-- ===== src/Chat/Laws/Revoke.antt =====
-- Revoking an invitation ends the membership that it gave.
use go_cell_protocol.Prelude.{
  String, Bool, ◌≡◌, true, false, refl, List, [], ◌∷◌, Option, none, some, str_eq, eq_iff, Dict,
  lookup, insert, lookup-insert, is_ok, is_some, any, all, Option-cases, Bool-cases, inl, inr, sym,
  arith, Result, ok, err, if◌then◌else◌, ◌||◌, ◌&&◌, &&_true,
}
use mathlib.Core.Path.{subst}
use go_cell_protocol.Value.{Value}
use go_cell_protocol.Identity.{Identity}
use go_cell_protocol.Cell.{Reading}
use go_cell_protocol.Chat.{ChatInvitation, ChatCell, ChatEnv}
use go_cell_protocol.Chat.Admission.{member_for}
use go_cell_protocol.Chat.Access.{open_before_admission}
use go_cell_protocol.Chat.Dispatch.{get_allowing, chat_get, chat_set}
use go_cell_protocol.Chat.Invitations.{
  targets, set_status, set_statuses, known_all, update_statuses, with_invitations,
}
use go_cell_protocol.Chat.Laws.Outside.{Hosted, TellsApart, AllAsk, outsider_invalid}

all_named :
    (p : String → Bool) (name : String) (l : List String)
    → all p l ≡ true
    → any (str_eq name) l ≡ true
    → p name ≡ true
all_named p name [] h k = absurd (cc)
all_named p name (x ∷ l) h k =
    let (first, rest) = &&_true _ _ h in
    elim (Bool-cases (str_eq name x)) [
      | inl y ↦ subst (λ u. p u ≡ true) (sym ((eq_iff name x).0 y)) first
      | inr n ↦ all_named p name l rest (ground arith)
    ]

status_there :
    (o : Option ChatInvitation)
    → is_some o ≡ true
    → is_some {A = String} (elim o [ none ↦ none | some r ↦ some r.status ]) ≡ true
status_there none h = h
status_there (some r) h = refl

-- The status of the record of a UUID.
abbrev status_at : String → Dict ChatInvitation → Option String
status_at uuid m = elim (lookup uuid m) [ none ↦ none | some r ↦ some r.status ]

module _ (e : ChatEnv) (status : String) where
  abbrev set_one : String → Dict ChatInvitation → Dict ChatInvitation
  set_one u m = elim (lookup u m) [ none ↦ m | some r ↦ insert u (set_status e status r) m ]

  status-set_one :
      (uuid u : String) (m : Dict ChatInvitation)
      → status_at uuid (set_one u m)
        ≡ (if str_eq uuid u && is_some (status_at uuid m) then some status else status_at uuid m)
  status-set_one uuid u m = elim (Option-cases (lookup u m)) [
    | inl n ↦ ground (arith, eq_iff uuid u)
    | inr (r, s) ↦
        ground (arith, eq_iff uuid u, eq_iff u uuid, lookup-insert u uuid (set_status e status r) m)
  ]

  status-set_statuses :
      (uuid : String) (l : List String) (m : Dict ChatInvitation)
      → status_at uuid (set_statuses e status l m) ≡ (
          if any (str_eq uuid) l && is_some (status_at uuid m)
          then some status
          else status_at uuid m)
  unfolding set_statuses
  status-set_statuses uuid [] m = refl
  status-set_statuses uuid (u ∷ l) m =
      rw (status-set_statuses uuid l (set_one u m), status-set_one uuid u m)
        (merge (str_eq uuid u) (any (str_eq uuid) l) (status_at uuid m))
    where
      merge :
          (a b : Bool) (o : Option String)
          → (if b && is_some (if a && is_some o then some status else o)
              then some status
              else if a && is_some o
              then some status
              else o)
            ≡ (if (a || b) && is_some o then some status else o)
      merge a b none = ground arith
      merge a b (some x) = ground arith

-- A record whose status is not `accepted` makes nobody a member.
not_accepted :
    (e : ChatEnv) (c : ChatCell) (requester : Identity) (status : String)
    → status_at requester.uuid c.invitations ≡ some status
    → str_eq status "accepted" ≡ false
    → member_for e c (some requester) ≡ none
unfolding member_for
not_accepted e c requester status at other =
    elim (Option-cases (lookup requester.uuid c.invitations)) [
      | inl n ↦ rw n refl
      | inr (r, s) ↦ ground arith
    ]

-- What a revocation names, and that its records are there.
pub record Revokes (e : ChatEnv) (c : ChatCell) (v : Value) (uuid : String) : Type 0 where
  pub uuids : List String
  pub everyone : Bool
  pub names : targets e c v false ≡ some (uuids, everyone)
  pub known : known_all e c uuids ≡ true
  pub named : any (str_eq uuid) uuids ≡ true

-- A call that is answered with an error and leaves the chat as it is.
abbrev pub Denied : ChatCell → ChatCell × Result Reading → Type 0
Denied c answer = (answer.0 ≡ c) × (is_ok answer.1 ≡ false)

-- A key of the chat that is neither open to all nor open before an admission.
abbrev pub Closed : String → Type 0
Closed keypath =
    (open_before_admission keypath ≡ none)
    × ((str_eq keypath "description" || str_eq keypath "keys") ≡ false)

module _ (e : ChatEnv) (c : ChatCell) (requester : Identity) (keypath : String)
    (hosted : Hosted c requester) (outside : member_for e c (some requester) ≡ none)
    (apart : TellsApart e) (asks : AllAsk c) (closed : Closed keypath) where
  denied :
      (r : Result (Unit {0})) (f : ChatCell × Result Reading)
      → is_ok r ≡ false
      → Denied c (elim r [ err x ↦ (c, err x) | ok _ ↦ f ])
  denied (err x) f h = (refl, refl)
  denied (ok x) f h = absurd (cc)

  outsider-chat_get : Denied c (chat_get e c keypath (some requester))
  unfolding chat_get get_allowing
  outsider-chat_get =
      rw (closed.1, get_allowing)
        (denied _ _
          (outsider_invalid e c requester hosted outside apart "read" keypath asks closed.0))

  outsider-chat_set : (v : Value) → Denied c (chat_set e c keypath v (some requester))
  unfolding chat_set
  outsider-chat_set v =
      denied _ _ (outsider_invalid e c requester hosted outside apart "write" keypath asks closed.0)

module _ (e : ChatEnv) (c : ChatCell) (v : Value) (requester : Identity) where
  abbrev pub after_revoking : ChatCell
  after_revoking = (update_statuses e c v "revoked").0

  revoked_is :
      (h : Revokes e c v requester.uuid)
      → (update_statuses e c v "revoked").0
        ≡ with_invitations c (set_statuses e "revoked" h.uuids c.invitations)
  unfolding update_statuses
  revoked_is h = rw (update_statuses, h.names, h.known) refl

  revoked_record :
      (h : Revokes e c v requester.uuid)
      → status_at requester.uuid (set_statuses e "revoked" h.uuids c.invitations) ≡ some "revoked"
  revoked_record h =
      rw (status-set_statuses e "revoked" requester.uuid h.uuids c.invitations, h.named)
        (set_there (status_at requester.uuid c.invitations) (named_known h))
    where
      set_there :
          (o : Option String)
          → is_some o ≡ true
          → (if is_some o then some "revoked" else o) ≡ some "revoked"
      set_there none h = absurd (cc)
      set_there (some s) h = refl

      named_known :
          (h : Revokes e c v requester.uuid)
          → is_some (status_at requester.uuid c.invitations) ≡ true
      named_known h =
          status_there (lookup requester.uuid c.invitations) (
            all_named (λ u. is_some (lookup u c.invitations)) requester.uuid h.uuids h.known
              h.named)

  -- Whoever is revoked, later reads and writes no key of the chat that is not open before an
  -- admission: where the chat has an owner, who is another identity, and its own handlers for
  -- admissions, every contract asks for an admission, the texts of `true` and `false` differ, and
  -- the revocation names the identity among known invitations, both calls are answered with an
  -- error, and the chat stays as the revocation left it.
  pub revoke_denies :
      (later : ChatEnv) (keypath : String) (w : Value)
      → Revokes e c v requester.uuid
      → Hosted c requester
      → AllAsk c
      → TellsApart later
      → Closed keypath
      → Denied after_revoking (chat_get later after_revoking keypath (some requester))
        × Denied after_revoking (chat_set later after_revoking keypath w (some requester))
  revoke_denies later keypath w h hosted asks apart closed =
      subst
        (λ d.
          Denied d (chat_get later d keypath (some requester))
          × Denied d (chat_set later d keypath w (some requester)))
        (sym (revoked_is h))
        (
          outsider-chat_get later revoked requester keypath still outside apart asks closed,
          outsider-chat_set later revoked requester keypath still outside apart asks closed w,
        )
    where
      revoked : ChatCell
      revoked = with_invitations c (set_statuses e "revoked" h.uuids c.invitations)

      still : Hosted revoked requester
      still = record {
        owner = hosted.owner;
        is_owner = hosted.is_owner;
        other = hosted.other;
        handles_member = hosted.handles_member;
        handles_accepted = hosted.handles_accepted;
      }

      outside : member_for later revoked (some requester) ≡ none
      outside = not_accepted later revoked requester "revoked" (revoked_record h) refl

***

▶ [Aim of the exercise]: The answer should be only a number: the count of lines in the listing above that contain the word "false".

▶ [Written solution]: 7